_WORK INSTRUCTION_
Give back exactly the lines from the one holding "notify : s.printer" to the last line of the entries, both included, and nothing more.

[Collected data entries]
*****
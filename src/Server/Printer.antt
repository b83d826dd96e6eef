-- ===== src/Server/Printer.antt =====
-- The thread of ServerInterface::run and the calls of ServerInterface::notify
-- (T1/server/serverInterface.cpp), with the mutex and the condition variable between them. What
-- happens while `mtx` is held is one step, but for a round of `run`, which holds it from the end of
-- its wait to the end of the round.
pub mod Notices
use sis_op_ii.Common.{ℕ, zero, suc, ◌+◌, ◌≡◌, ◌≢◌, Bool, true, false}

-- The thread of `run`: before it looks at the condition of its wait, in the wait, in a round.
pub data Printer : Type 0 where
  looking asleep printing : Printer

-- `changes` counts the calls of notify that have set `data_changed`, `callers` those of them that
-- have still to call notify_one, and `shown` is the number of changes that had been made when the
-- last round began.
pub record Screen : Type 0 where
  pub data_changed : Bool
  pub printer : Printer
  pub changes : ℕ
  pub callers : ℕ
  pub shown : ℕ

-- As `start` leaves it, before any change.
abbrev pub blank : Screen
blank = record {
  data_changed = false;
  printer = Printer.looking;
  changes = 0;
  callers = 0;
  shown = 0;
}

-- The section of notify.
unfoldable pub change : Screen → Screen
change s = record s { data_changed = true; changes = suc s.changes; callers = suc s.callers }

-- `notify_one`: only the thread of `run` ever waits.
abbrev pub wake_printer : Printer → Printer
wake_printer Printer.asleep = Printer.looking
wake_printer a = a

-- The end of the wait, and the end of the round.
unfoldable pub begin_round : Screen → Screen
begin_round s = record s { printer = Printer.printing; shown = s.changes }

unfoldable pub end_round : Screen → Screen
end_round s = record s { printer = Printer.looking; data_changed = false }

pub data Turn (s : Screen) : Screen → Type 0 where
  notify : s.printer ≢ Printer.printing → Turn s (change s)
  notify_one :
      (k : ℕ)
      → s.callers ≡ suc k
      → Turn s (record s { callers = k; printer = wake_printer s.printer })
  sleep :
      s.printer ≡ Printer.looking
      → s.data_changed ≡ false
      → Turn s (record s { printer = Printer.asleep })
  wake_spuriously : s.printer ≡ Printer.asleep → Turn s (record s { printer = Printer.looking })
  begins : s.printer ≡ Printer.looking → s.data_changed ≡ true → Turn s (begin_round s)
  ends : s.printer ≡ Printer.printing → Turn s (end_round s)

pub data Reaches : Screen → Type 0 where
  here : Reaches blank
  step : (s t : Screen) → Reaches s → Turn s t → Reaches t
*****
_RESPONSE_
  notify : s.printer ≢ Printer.printing → Turn s (change s)
  notify_one :
      (k : ℕ)
      → s.callers ≡ suc k
      → Turn s (record s { callers = k; printer = wake_printer s.printer })
  sleep :
      s.printer ≡ Printer.looking
      → s.data_changed ≡ false
      → Turn s (record s { printer = Printer.asleep })
  wake_spuriously : s.printer ≡ Printer.asleep → Turn s (record s { printer = Printer.looking })
  begins : s.printer ≡ Printer.looking → s.data_changed ≡ true → Turn s (begin_round s)
  ends : s.printer ≡ Printer.printing → Turn s (end_round s)

pub data Reaches : Screen → Type 0 where
  here : Reaches blank
  step : (s t : Screen) → Reaches s → Turn s t → Reaches t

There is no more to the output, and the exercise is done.